Scan the records for the string "unit" and copy every line that holds it.

[Stored data]

★ ★ ★ ★

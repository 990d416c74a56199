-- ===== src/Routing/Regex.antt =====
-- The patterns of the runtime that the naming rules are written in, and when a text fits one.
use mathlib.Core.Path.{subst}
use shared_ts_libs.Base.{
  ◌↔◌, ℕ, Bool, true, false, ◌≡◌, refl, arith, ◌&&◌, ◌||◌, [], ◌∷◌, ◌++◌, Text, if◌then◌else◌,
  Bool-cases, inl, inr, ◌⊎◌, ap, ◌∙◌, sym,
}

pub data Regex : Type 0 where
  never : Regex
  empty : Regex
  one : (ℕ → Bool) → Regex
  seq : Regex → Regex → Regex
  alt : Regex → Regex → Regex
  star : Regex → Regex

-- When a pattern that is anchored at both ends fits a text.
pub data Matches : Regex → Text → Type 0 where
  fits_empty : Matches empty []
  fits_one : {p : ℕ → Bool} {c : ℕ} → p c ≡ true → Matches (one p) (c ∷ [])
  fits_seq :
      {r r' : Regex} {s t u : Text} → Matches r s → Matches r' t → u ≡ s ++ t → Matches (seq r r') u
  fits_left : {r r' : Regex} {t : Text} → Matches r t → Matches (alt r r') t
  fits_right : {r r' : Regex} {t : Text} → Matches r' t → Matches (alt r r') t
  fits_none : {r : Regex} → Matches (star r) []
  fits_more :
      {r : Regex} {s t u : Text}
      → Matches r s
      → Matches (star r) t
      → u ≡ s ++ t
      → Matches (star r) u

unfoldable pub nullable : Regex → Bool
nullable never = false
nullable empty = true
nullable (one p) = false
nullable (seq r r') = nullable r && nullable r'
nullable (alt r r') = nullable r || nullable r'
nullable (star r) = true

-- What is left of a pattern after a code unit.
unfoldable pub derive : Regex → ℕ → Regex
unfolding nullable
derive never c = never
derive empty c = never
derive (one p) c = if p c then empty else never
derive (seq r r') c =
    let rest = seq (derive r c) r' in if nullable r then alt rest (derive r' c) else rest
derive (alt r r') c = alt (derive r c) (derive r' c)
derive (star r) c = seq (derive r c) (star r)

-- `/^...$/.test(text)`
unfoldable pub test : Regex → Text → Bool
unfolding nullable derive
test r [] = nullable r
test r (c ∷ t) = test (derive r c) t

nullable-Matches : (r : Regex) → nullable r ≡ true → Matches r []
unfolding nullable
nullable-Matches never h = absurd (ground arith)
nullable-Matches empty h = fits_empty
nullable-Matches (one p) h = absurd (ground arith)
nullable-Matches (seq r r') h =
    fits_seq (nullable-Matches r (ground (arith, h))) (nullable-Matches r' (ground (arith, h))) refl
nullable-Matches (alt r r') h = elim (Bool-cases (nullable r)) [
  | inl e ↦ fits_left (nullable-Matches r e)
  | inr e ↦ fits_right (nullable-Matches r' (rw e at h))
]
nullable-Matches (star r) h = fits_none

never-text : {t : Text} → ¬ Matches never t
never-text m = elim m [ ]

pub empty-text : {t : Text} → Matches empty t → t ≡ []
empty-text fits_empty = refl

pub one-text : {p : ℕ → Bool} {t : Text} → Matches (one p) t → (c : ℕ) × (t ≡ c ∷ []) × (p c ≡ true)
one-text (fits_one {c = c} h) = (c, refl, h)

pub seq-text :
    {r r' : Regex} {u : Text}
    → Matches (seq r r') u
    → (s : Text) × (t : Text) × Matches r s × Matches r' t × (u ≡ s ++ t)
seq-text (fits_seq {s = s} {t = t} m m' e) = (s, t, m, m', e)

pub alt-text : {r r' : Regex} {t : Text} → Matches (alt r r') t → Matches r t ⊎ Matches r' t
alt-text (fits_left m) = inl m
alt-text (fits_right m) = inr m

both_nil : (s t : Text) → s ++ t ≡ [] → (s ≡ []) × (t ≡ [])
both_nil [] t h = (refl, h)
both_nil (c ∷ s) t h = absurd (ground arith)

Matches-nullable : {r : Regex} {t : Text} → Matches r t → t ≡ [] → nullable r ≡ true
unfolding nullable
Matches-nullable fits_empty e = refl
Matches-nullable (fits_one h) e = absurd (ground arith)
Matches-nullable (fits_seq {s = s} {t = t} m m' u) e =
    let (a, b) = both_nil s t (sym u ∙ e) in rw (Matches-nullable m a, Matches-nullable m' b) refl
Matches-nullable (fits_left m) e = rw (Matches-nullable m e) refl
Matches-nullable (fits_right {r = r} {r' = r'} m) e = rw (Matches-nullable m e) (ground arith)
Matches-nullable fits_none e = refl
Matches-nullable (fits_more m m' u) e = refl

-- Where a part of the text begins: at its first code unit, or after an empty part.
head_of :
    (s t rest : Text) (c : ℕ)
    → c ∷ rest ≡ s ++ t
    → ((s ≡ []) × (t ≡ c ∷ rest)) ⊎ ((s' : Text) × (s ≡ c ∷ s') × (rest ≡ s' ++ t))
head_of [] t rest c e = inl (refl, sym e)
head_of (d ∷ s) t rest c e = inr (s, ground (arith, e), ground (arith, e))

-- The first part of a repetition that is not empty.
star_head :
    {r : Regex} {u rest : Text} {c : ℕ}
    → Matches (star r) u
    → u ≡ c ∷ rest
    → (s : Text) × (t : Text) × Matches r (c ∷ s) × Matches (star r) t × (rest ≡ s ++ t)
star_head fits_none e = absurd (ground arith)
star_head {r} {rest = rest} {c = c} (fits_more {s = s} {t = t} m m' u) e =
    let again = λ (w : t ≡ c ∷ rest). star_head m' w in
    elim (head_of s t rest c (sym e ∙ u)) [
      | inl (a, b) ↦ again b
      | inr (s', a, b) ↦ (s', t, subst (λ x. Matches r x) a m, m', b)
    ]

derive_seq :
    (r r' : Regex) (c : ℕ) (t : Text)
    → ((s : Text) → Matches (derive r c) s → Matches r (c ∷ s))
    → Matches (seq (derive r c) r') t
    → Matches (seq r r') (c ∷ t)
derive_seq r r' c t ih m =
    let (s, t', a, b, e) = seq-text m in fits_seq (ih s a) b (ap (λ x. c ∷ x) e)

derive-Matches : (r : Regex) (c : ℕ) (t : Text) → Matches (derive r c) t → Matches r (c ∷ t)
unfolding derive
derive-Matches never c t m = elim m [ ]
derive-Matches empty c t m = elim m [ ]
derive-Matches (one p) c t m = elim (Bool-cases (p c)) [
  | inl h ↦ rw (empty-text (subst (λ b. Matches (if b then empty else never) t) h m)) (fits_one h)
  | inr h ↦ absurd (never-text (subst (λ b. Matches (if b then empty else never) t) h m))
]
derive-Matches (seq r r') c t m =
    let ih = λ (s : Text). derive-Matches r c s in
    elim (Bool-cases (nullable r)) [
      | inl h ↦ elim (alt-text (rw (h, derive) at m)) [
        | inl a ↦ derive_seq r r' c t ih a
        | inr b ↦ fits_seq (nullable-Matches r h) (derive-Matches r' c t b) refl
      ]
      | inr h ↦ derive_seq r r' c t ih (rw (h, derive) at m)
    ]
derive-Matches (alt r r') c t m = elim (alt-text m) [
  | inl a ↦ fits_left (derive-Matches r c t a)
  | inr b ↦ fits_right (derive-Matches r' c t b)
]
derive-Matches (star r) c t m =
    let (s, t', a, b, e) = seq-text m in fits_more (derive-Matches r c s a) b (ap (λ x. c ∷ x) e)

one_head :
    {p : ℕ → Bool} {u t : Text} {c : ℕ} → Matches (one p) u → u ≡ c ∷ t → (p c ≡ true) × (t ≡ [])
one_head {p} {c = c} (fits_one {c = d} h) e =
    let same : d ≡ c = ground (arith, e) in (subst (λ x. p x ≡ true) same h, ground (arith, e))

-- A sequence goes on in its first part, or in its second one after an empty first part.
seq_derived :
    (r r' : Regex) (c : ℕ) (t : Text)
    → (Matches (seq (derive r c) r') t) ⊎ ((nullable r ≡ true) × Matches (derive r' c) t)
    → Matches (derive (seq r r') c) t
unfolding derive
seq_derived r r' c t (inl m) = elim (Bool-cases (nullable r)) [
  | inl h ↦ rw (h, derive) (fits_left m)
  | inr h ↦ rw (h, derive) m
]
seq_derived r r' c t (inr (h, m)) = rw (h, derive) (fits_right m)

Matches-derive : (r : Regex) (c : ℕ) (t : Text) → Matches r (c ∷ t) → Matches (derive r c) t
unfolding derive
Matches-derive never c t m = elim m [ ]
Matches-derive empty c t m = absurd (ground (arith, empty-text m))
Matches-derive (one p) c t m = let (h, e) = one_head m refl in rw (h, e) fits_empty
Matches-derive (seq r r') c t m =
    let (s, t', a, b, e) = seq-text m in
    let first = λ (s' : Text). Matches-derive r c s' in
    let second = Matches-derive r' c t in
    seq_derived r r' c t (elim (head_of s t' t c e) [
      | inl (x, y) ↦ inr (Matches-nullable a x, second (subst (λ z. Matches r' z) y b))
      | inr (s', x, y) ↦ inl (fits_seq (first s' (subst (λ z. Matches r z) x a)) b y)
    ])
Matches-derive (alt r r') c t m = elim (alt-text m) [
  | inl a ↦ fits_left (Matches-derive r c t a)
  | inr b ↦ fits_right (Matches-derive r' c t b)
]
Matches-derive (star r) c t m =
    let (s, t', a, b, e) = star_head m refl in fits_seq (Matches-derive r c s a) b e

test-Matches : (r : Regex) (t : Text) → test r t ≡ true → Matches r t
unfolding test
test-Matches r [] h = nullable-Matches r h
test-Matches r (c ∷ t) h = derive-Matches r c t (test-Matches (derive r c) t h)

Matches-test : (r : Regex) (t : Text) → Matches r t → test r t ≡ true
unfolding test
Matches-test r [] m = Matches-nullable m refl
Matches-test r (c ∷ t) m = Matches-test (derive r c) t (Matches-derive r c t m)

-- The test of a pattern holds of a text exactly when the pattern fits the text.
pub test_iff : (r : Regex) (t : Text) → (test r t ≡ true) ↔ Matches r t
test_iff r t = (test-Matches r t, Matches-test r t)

★ ★ ★ ★

COMPLETED TASK:
-- What is left of a pattern after a code unit.
-- Where a part of the text begins: at its first code unit, or after an empty part.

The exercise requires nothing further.